Familial Mediterranean fever (FMF) is an autoinflammatory disease characterized by recurrent febrile attacks and serositis. The diagnosis of FMF has been based on clinical criteria, including frequent symptoms and good response to the treatment with colchicine. Some patients with FMF show skin or muscle manifestations, which may be confused with other cutaneous or muscle disorders. Here we report a female in her 40s with periodic fever, migratory myalgia, dermatomyositis-like dermatitis, arthralgia, pharyngalgia, and lymphadenopathy. The initial clinical differential diagnosis included dermatomyositis, malignant lymphoma, and adult-onset Still's disease. However, the following examinations could not explain her pathological condition with such diseases.
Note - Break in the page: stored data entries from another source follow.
-- ===== src/Link/Remote.antt =====
-- src/Services/Link/LoLaLinkRemoteService.h: its state, OnLinkStateChanged and OnPreSend.
pub mod Awaiting
pub mod Linking
pub mod Runs
use lo_la.Prelude.{ℕ, ◌+◌, Bool, true, false, ◌&&◌, ◌||◌, if◌then◌else◌, ◌==◌, u32}
use lo_la.Packet.Definition.{header_short}
use lo_la.Packet.Buffer.{get_data_header, get_payload}
use lo_la.Driver.Clock.{get_sync_micros}
use lo_la.Services.Task.{run_delayed}
use lo_la.Services.Send.{schedule}
use lo_la.Link.Transaction.{RequestTransaction}
use lo_la.Link.Transaction
use lo_la.Link.ClockSync.Remote.{set_ready_for_estimation}
use lo_la.Link.ClockSync.Remote as RemoteSyncer
use lo_la.Link.Info.{LinkState, awaiting_link, awaiting_sleeping, linking, linked}
use lo_la.Link.Service.{Platform, Moment, LinkClient, Link, on_client}
use lo_la.Link.Service.Builders.{ntp_request, ntp_tune_request, s_array_to_payload}
use lo_la.Link.Service.Session.{
  Housekeeping, clear_session, set_linking_state, update_link_state, on_syncer,
}
use lo_la.Link.Service.Runtime.{generate_keys}

pub record RemotePart : Type 0 where
  pub request : RequestTransaction

abbrev pub RemoteLink : (B S : Type 0) → Type 0
RemoteLink B S = Link B S RemotePart

-- AwaitingLinkEnum
abbrev pub searching_for_host : ℕ
searching_for_host = 0

abbrev pub remote_validating_partner : ℕ
remote_validating_partner = 1

abbrev pub awaiting_host_public_key : ℕ
awaiting_host_public_key = 2

abbrev pub processing_shared_key : ℕ
processing_shared_key = 3

abbrev pub remote_sending_public_key : ℕ
remote_sending_public_key = 4

abbrev pub remote_switch_over : ℕ
remote_switch_over = 5

-- InfoSyncStagesEnum
abbrev pub awaiting_host_request : ℕ
awaiting_host_request = 0

abbrev pub sending_remote_info : ℕ
sending_remote_info = 1

abbrev pub info_sync_done : ℕ
info_sync_done = 2

-- LOLA_LINK_SERVICE_UNLINK_REMOTE_SLEEP_PERIOD
abbrev pub remote_sleep_period : ℕ
remote_sleep_period = 3000

-- OnClearSession is that of the base class, which does nothing.
unfoldable pub remote_housekeeping : Housekeeping RemotePart
remote_housekeeping = record {
  reset_syncer = λ m s. RemoteSyncer.reset s;
  reset_transaction = λ r. record r { request = Transaction.reset r.request };
  on_clear_session = λ r. r;
}

abbrev pub on_request :
    {B S : Type 0} → (RequestTransaction → RequestTransaction) → RemoteLink B S → RemoteLink B S
on_request f s =
    on_client (λ c. record c { part = record (c.part) { request = f c.part.request } }) s

module _ {B S : Type 0} (p : Platform B S) (m : Moment) where
  abbrev pub clear_remote : RemoteLink B S → RemoteLink B S
  clear_remote s = on_client (clear_session p remote_housekeeping m) s

  unfoldable pub on_remote_state_changed : LinkState → RemoteLink B S → RemoteLink B S
  on_remote_state_changed awaiting_link s = on_client (generate_keys p m) s
  on_remote_state_changed awaiting_sleeping s = schedule (run_delayed remote_sleep_period) s
  on_remote_state_changed linking s =
      on_client (λ c. record c { info_sync_stage = awaiting_host_request }) s
  on_remote_state_changed linked s =
      on_request Transaction.reset (on_client (on_syncer (set_ready_for_estimation m.millis)) s)
  on_remote_state_changed _ s = s

  abbrev pub update_remote_state : LinkState → RemoteLink B S → RemoteLink B S
  update_remote_state new_state s =
      update_link_state p remote_housekeeping m on_remote_state_changed new_state s

  -- `ClearSession(); SetLinkingState(AwaitingLinkEnum::SearchingForHost);`
  unfoldable pub search_again : RemoteLink B S → RemoteLink B S
  search_again s = set_linking_state searching_for_host (clear_remote s)

-- A clock sync request gets the clock as late as possible.
unfoldable pub remote_on_pre_send : {B S : Type 0} → Moment → RemoteLink B S → RemoteLink B S
unfolding get_data_header get_payload get_sync_micros
remote_on_pre_send m s =
    let d = s.client.node.driver in
    if get_data_header s.packet == header_short
      && (get_payload 0 s.packet == ntp_request || get_payload 0 s.packet == ntp_tune_request)
    then record s {
      packet = s_array_to_payload (u32 (get_sync_micros m.micros d.clock + d.ettm)) s.packet;
    }
    else s
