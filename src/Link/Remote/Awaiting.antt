-- ===== src/Link/Remote/Awaiting.antt =====
-- The remote of src/Services/Link/LoLaLinkRemoteService.h in the states AwaitingLink and
-- AwaitingSleeping: OnAwaitingLink and the packets of the handshake that it takes.
use lo_la.Prelude.{
  ℕ, ◌*◌, Bool, true, false, not, ◌&&◌, ◌||◌, if◌then◌else◌, List, [], ◌∷◌, get_or, ltb, ◌==◌,
  sub32, bytes_word,
}
use lo_la.Packet.Buffer.{Packet, get_payload}
use lo_la.Crypto.Encoder.{decode_direct}
use lo_la.Crypto.KeyExchange.{set_partner_public_key, get_public_key_compressed}
use lo_la.Link.Info.{
  LinkState, awaiting_link, awaiting_sleeping, linking, has_session_id, has_session, set_session_id,
  set_partner_id,
}
use lo_la.Link.Service.{
  Platform, Moment, on_client, send_after, get_elapsed_millis_since_state_start, is_awaiting_link,
  reset_last_sent_time_stamp,
}
use lo_la.Link.Service.Builders.{
  remote_pkc_start_request, remote_public_key, prepare_word_packet, prepare_public_key_packet,
  prepare_link_discovery,
}
use lo_la.Link.Service.Session.{set_linking_state}
use lo_la.Link.Host.Awaiting.{
  max_before_pkc_cancel, resend_period, resend_long_period, set_iv, agree_on_key,
}
use lo_la.Link.Remote.{
  RemoteLink, searching_for_host, remote_validating_partner, awaiting_host_public_key,
  processing_shared_key, remote_sending_public_key, remote_switch_over, update_remote_state,
  search_again,
}

-- LOLA_LINK_SERVICE_UNLINK_REMOTE_MAX_BEFORE_SLEEP, LOLA_LINK_SERVICE_UNLINK_REMOTE_SEARCH_PERIOD.
abbrev pub remote_max_before_sleep : ℕ
remote_max_before_sleep = 30000

abbrev pub remote_search_period : ℕ
remote_search_period = 10 * 7

module _ {B S : Type 0} (p : Platform B S) (m : Moment) where
  abbrev pub remote_expired : RemoteLink B S → Bool
  remote_expired s = ltb max_before_pkc_cancel (sub32 m.millis s.client.sub_state_start)

  unfoldable pub on_searching : RemoteLink B S → RemoteLink B S
  on_searching s =
      send_after m.millis remote_search_period (prepare_link_discovery s.client.info.session_id) s

  unfoldable pub on_validating_host : RemoteLink B S → RemoteLink B S
  unfolding reset_last_sent_time_stamp
  on_validating_host s = set_linking_state awaiting_host_public_key (
      on_client
        (λ c. record (reset_last_sent_time_stamp (set_iv p c.info.partner_id p.local_id c)) {
          sub_state_start = m.millis;
        })
        s)

  unfoldable pub on_awaiting_host_key : RemoteLink B S → RemoteLink B S
  on_awaiting_host_key s =
      if remote_expired s
      then search_again p m s
      else send_after m.millis resend_period
          (prepare_word_packet s.client.info.session_id remote_pkc_start_request p.local_id) s

  after_agreement : RemoteLink B S → Bool → RemoteLink B S
  after_agreement s true =
      set_linking_state remote_sending_public_key (on_client reset_last_sent_time_stamp s)
  after_agreement s false = search_again p m s

  unfoldable pub on_processing_shared_key : RemoteLink B S → RemoteLink B S
  unfolding after_agreement
  on_processing_shared_key s =
      let (c, ok) = agree_on_key p s.client in after_agreement (record s { client = c }) ok

  unfoldable pub remote_on_sending_public_key : RemoteLink B S → RemoteLink B S
  unfolding get_public_key_compressed
  remote_on_sending_public_key s =
      if remote_expired s
      then search_again p m s
      else send_after m.millis resend_long_period
          (prepare_public_key_packet s.client.info.session_id remote_public_key
            (get_public_key_compressed s.client.exchanger))
          s

  unfoldable pub remote_awaiting_stage : ℕ → RemoteLink B S → RemoteLink B S
  remote_awaiting_stage stage s =
      if stage == searching_for_host
      then on_searching s
      else if stage == remote_validating_partner
      then on_validating_host s
      else if stage == awaiting_host_public_key
      then on_awaiting_host_key s
      else if stage == processing_shared_key
      then on_processing_shared_key s
      else if stage == remote_sending_public_key
      then remote_on_sending_public_key s
      else if stage == remote_switch_over
      then update_remote_state p m linking s
      else s

  unfoldable pub remote_on_awaiting_link : RemoteLink B S → RemoteLink B S × Bool
  unfolding remote_awaiting_stage
  remote_on_awaiting_link s =
      if ltb remote_max_before_sleep (get_elapsed_millis_since_state_start m.millis s.client)
      then (s, false)
      else (remote_awaiting_stage s.client.linking_state s, true)

  -- SetSessionId has answered: a session that is 0 is stored and refused.
  after_session : RemoteLink B S → Bool → RemoteLink B S
  after_session s true = set_linking_state remote_validating_partner s
  after_session s false = s

  abbrev pub with_session : ℕ → RemoteLink B S → RemoteLink B S
  with_session session_id s =
      on_client (λ c. record c { info = (set_session_id session_id c.info).0 }) s

  abbrev pub with_host : ℕ → Bool → RemoteLink B S → RemoteLink B S
  with_host host_id false s = s
  with_host host_id true s = on_client (λ c. record c { info = set_partner_id host_id c.info }) s

  -- The `switch` on LinkingState of OnIdBroadcastReceived.
  unfoldable pub take_broadcast : (session_id host_id : ℕ) → RemoteLink B S → RemoteLink B S
  unfolding has_session after_session
  take_broadcast session_id host_id s =
      let stage = s.client.linking_state in
      let (_, ok) = set_session_id session_id s.client.info in
      let stored = with_session session_id s in
      if stage == searching_for_host
      then (if not (has_session s.client.info)
          then after_session (with_host host_id ok stored) ok
          else s)
      else if stage == remote_validating_partner || stage == awaiting_host_public_key
      then (if has_session s.client.info && s.client.info.partner_id == host_id
          then after_session stored ok
          else s)
      else s

  unfoldable pub broadcast_in :
      LinkState → (session_id host_id : ℕ) → RemoteLink B S → RemoteLink B S
  broadcast_in awaiting_sleeping session_id host_id s =
      take_broadcast session_id host_id (update_remote_state p m awaiting_link s)
  broadcast_in awaiting_link session_id host_id s = take_broadcast session_id host_id s
  broadcast_in _ session_id host_id s = s

  unfoldable pub on_id_broadcast_received :
      (session_id host_id : ℕ) → RemoteLink B S → RemoteLink B S
  unfolding broadcast_in
  on_id_broadcast_received session_id host_id s =
      broadcast_in s.client.info.link_state session_id host_id s

  -- The four bytes of `localId` decoded, and whether they are the own id.
  unfoldable pub decodes_local_id : Packet → RemoteLink B S → Bool
  unfolding get_payload
  decodes_local_id packet s =
      let out = decode_direct p.crypto s.client.node.driver.encoder (
        get_payload 0 packet
        ∷ get_payload 1 packet
        ∷ get_payload 2 packet
        ∷ get_payload 3 packet
        ∷ []) in
      p.local_id == bytes_word (get_or out 0 0) (get_or out 1 0) (get_or out 2 0) (get_or out 3 0)

  unfoldable pub on_crypto_start_received :
      (session_id : ℕ) → Packet → RemoteLink B S → RemoteLink B S × Bool
  unfolding decodes_local_id has_session_id
  on_crypto_start_received session_id packet s =
      if s.client.linking_state == remote_sending_public_key
        && has_session_id s.client.info
        && s.client.info.session_id == session_id
        && decodes_local_id packet s
      then (set_linking_state remote_switch_over s, true)
      else (s, false)

module _ {B S : Type 0} where
  after_host_key : RemoteLink B S → Bool → RemoteLink B S
  after_host_key s true = set_linking_state processing_shared_key s
  after_host_key s false = s

  unfoldable pub on_host_public_key_received :
      (session_id : ℕ) (host_public_key : List ℕ) → RemoteLink B S → RemoteLink B S
  unfolding after_host_key has_session
  on_host_public_key_received session_id host_public_key s =
      let (exchanger, ok) = set_partner_public_key host_public_key s.client.exchanger in
      if is_awaiting_link s.client.info.link_state
        && s.client.linking_state == awaiting_host_public_key
        && has_session s.client.info
        && s.client.info.session_id == session_id
      then after_host_key (on_client (λ c. record c { exchanger = exchanger }) s) ok
      else s
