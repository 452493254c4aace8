-- ===== src/Link/Handshake/Agreement.antt =====
-- The exchange of public keys between src/Services/Link/LoLaLinkHostService.h and
-- src/Services/Link/LoLaLinkRemoteService.h, and the secret that both give to their encoders.
use lo_la.Prelude.{
  ℕ, ◌≡◌, refl, sym, ◌∙◌, ap, subst, Bool, true, some, List, take, Bool-cases, inl, inr, ◌&&◌, ◌==◌,
}
use lo_la.Crypto.Library.{CryptoLibrary, HashIsLawful}
use lo_la.Crypto.Encoder.{Encoder, all_ready, set_secret_key, set_token_seed, key_size}
use lo_la.Crypto.Encoder.Laws.{token_seed-set_secret_key}
use lo_la.Crypto.KeyExchange.{
  IsLawful, KeyExchanger, generate_new_key_pair, generate_shared_key, get_public_key_compressed,
  set_partner_public_key,
}
use lo_la.Crypto.KeyExchange.Agreement.{shared_key_agrees}
use lo_la.Services.Send.{schedule}
use lo_la.Link.Info.{has_session}
use lo_la.Link.Service.{
  Platform, Moment, LinkClient, Link, is_awaiting_link, reset_last_sent_time_stamp,
}
use lo_la.Link.Service.Session.{set_linking_state}
use lo_la.Link.Host.{Host}
use lo_la.Link.Host.Awaiting.{
  expects, on_remote_public_key_received, on_processing_pkc, agree_on_key, use_shared_key,
}
use lo_la.Link.Remote.{RemoteLink}
use lo_la.Link.Remote.Awaiting.{on_host_public_key_received, on_processing_shared_key}

abbrev pub encoder_of : {B S P : Type 0} → Link B S P → Encoder
encoder_of s = s.client.node.driver.encoder

-- What the cypher's library answers to a key and an IV.
pub record Accepts (lib : CryptoLibrary) : Type 0 where
  pub takes_key : (key : List ℕ) → lib.set_key_ok key ≡ true
  pub takes_iv : (iv : List ℕ) → lib.set_iv_ok iv ≡ true

module _ (lib : CryptoLibrary) (accepts : Accepts lib) where
  secret_kept :
      (key : List ℕ) (e : Encoder)
      → let (e', ok) = set_secret_key lib key 20 e in
        (ok ≡ true)
        × (e'.encoder_state ≡ all_ready)
        × (e'.key_holder ≡ take key_size key)
        × (e'.iv_holder ≡ e.iv_holder)
        × (e'.token_holder ≡ e.token_holder)
  unfolding set_secret_key set_token_seed
  secret_kept key e =
      rw (accepts.takes_key (take key_size key), accepts.takes_iv e.iv_holder)
        (refl, refl, refl, refl, refl)

module _ {B S : Type 0} (p : Platform B S) (m : Moment) where
  agreed :
      {P : Type 0} (c : LinkClient B S P)
      → let (x, made) = generate_shared_key p.ecc c.exchanger in
        let (e, ok) = set_secret_key p.crypto x.shared_key 20 c.node.driver.encoder in
        made ≡ true → ((agree_on_key p c).1 ≡ ok) × ((agree_on_key p c).0.node.driver.encoder ≡ e)
  unfolding agree_on_key use_shared_key
  agreed c h = rw h (refl, refl)

  host_processed :
      (h : Host B S)
      → (agree_on_key p h.client).1 ≡ true
      → ((on_processing_pkc p m h).client.linking_state ≡ 4)
        × (encoder_of (on_processing_pkc p m h) ≡ (agree_on_key p h.client).0.node.driver.encoder)
  unfolding on_processing_pkc set_linking_state schedule reset_last_sent_time_stamp
  host_processed h e = rw e (refl, refl)

  remote_processed :
      (r : RemoteLink B S)
      → (agree_on_key p r.client).1 ≡ true
      → ((on_processing_shared_key p m r).client.linking_state ≡ 4)
        × (encoder_of (on_processing_shared_key p m r)
            ≡ (agree_on_key p r.client).0.node.driver.encoder)
  unfolding on_processing_shared_key set_linking_state schedule reset_last_sent_time_stamp
  remote_processed r e = rw e (refl, refl)

-- The remote waits for the host's key, in this session.
abbrev pub awaits_host_key : {B S : Type 0} → ℕ → RemoteLink B S → Bool
awaits_host_key session r =
    is_awaiting_link r.client.info.link_state
    && r.client.linking_state == 2
    && has_session r.client.info
    && r.client.info.session_id == session

-- Two encoders that understand one another once they are enabled.
pub record Agree (e f : Encoder) : Type 0 where
  pub ready : (e.encoder_state ≡ all_ready) × (f.encoder_state ≡ all_ready)
  pub same_key : e.key_holder ≡ f.key_holder
  pub same_iv : e.iv_holder ≡ f.iv_holder
  pub same_token : e.token_holder ≡ f.token_holder
  pub same_seed : e.token_seed ≡ f.token_seed

Agree-subst : {e e' f f' : Encoder} → e ≡ e' → f ≡ f' → Agree e' f' → Agree e f
Agree-subst {e} {e'} {f} {f'} h g a =
    subst (λ z. Agree z f) (sym h) (subst (λ z. Agree e' z) (sym g) a)

set_secret_key-Agree :
    (lib : CryptoLibrary)
    → Accepts lib
    → HashIsLawful lib
    → (key : List ℕ) (e f : Encoder) → e.iv_holder ≡ f.iv_holder
    → e.token_holder ≡ f.token_holder
    → Agree (set_secret_key lib key 20 e).0 (set_secret_key lib key 20 f).0
set_secret_key-Agree lib accepts hash key e f i t =
    let a = secret_kept lib accepts key e in
    let b = secret_kept lib accepts key f in
    record {
      ready = (a.1, b.1);
      same_key = a.2 ∙ sym b.2;
      same_iv = a.3 ∙ (i ∙ sym b.3);
      same_token = a.4 ∙ (t ∙ sym b.4);
      same_seed = token_seed-set_secret_key lib hash key key 20 e f i t a.0 b.0;
    }

module _ {B S : Type 0} (p : Platform B S) (m : Moment) (accepts : Accepts p.crypto) where
  -- Where the shared key is made, the processing ends in stage 4 with the encoder it was given to.
  host_gets_key :
      (h : Host B S) (x : KeyExchanger)
      → h.client.exchanger ≡ x
      → (generate_shared_key p.ecc x).1 ≡ true
      → ((on_processing_pkc p m h).client.linking_state ≡ 4)
        × (encoder_of (on_processing_pkc p m h)
            ≡ (set_secret_key p.crypto
                (generate_shared_key p.ecc x).0.shared_key
                20
                (encoder_of h)).0)
  host_gets_key h x e made =
      let made' = ap (λ y. (generate_shared_key p.ecc y).1) e ∙ made in
      let a = agreed p m h.client made' in
      let ok =
        secret_kept p.crypto accepts (generate_shared_key p.ecc h.client.exchanger).0.shared_key
          (encoder_of h) in
      let done = host_processed p m h (a.0 ∙ ok.0) in
      (
        done.0,
        done.1
            ∙ (a.1
                ∙ ap
                    (λ y.
                      (set_secret_key p.crypto (generate_shared_key p.ecc y).0.shared_key 20
                        (encoder_of h)).0)
                    e),
      )

  remote_gets_key :
      (r : RemoteLink B S) (x : KeyExchanger)
      → r.client.exchanger ≡ x
      → (generate_shared_key p.ecc x).1 ≡ true
      → ((on_processing_shared_key p m r).client.linking_state ≡ 4)
        × (encoder_of (on_processing_shared_key p m r)
            ≡ (set_secret_key p.crypto
                (generate_shared_key p.ecc x).0.shared_key
                20
                (encoder_of r)).0)
  remote_gets_key r x e made =
      let made' = ap (λ y. (generate_shared_key p.ecc y).1) e ∙ made in
      let a = agreed p m r.client made' in
      let ok =
        secret_kept p.crypto accepts (generate_shared_key p.ecc r.client.exchanger).0.shared_key
          (encoder_of r) in
      let done = remote_processed p m r (a.0 ∙ ok.0) in
      (
        done.0,
        done.1
            ∙ (a.1
                ∙ ap
                    (λ y.
                      (set_secret_key p.crypto (generate_shared_key p.ecc y).0.shared_key 20
                        (encoder_of r)).0)
                    e),
      )

module _ {B S : Type 0} where
  host_took :
      (session : ℕ) (key : List ℕ) (h : Host B S)
      → expects 2 session h ≡ true
      → let h' = on_remote_public_key_received session key h in
        (h'.client.exchanger ≡ (set_partner_public_key key h.client.exchanger).0)
        × (encoder_of h' ≡ encoder_of h)
  unfolding on_remote_public_key_received set_linking_state schedule reset_last_sent_time_stamp
  host_took session key h e = elim (Bool-cases (set_partner_public_key key h.client.exchanger).1) [
    | inl f ↦ rw (e, f) (refl, refl)
    | inr f ↦ rw (e, f) (refl, refl)
  ]

  remote_took :
      (session : ℕ) (key : List ℕ) (r : RemoteLink B S)
      → awaits_host_key session r ≡ true
      → let r' = on_host_public_key_received session key r in
        (r'.client.exchanger ≡ (set_partner_public_key key r.client.exchanger).0)
        × (encoder_of r' ≡ encoder_of r)
  unfolding on_host_public_key_received set_linking_state schedule reset_last_sent_time_stamp
  remote_took session key r e =
      elim (Bool-cases (set_partner_public_key key r.client.exchanger).1) [
        | inl f ↦ rw (e, f) (refl, refl)
        | inr f ↦ rw (e, f) (refl, refl)
      ]

module _ {B S : Type 0} (p : Platform B S) (m1 m2 : Moment) (id : ℕ) (accepts : Accepts p.crypto)
    (hash : HashIsLawful p.crypto) (curve : IsLawful p.ecc) where
  -- The platform of the partner, which has another id.
  abbrev partner : Platform B S
  partner = record p { local_id = id }

  -- A host and a remote that wait for one another's key in the same session, each with a fresh key
  -- pair, and whose encoders have the same IV and token. Each is told the public key that the other
  -- reads of its exchanger, and processes it: both come to stage 4 with encoders that are ready and
  -- hold the same key, IV, token and token seed. The curve, the cypher and the hash are as their
  -- libraries document them.
  pub handshake_agrees :
      (public private public' private' : List ℕ) (x y : KeyExchanger) (session : ℕ) (h : Host B S)
      (r : RemoteLink B S)
      → p.ecc.is_key_pair public private ≡ true
      → p.ecc.is_key_pair public' private' ≡ true
      → h.client.exchanger ≡ (generate_new_key_pair p.ecc (some (public, private)) x).0
      → r.client.exchanger ≡ (generate_new_key_pair p.ecc (some (public', private')) y).0
      → expects 2 session h ≡ true
      → awaits_host_key session r ≡ true
      → (encoder_of h).iv_holder ≡ (encoder_of r).iv_holder
      → (encoder_of h).token_holder ≡ (encoder_of r).token_holder
      → (host_key : List ℕ) × (remote_key : List ℕ) × (get_public_key_compressed h.client.exchanger
          ≡ some host_key)
        × (get_public_key_compressed r.client.exchanger ≡ some remote_key)
        × (let h' = on_processing_pkc p m1 (on_remote_public_key_received session remote_key h) in
            let r' =
              on_processing_shared_key partner m2
                (on_host_public_key_received session host_key r) in
            (h'.client.linking_state ≡ 4)
            × (r'.client.linking_state ≡ 4)
            × Agree (encoder_of h') (encoder_of r'))
  handshake_agrees public private public' private' x y session h r k k' eh er wh wr i t =
      let (hk, rk, gh, gr, made) =
        shared_key_agrees p.ecc curve public private public' private' x y k k' in
      let th = host_took session rk h wh in
      let tr = remote_took session hk r wr in
      let ph =
        host_gets_key p m1 accepts (on_remote_public_key_received session rk h) _
          (th.0 ∙ ap (λ z. (set_partner_public_key rk z).0) eh) made.0 in
      let pr =
        remote_gets_key partner m2 accepts (on_host_public_key_received session hk r) _
          (tr.0 ∙ ap (λ z. (set_partner_public_key hk z).0) er) made.1 in
      (
        hk,
        rk,
        ap get_public_key_compressed eh ∙ gh,
        ap get_public_key_compressed er ∙ gr,
        (
          ph.0,
          pr.0,
          Agree-subst
              (ph.1
                ∙ ap
                    (λ key.
                      (set_secret_key p.crypto key 20
                        (encoder_of (on_remote_public_key_received session rk h))).0)
                    made.2)
              pr.1
              (set_secret_key-Agree p.crypto accepts hash _
                (encoder_of (on_remote_public_key_received session rk h))
                (encoder_of (on_host_public_key_received session hk r))
                (ap Encoder.iv_holder th.1 ∙ (i ∙ sym (ap Encoder.iv_holder tr.1)))
                (ap Encoder.token_holder th.1 ∙ (t ∙ sym (ap Encoder.token_holder tr.1)))),
        ),
      )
In particular, findings from muscle and fascial biopsy demonstrated severe inflammatory cell infiltrate in the fascia, suggesting fasciitis as a possible cause of migratory myalgia. We examined the possibility of autoinflammatory diseases by genetic testing. Accordingly, she was found to have novel compound heterozygous mutations (L110P, E148Q, and P369S) in the MEFV gene. Given her genetic mutations and favorable response to colchicine, she was finally diagnosed as a variant of FMF with myalgia and previously unprecedented skin eruptions.

CONFLICT OF INTEREST

None declared.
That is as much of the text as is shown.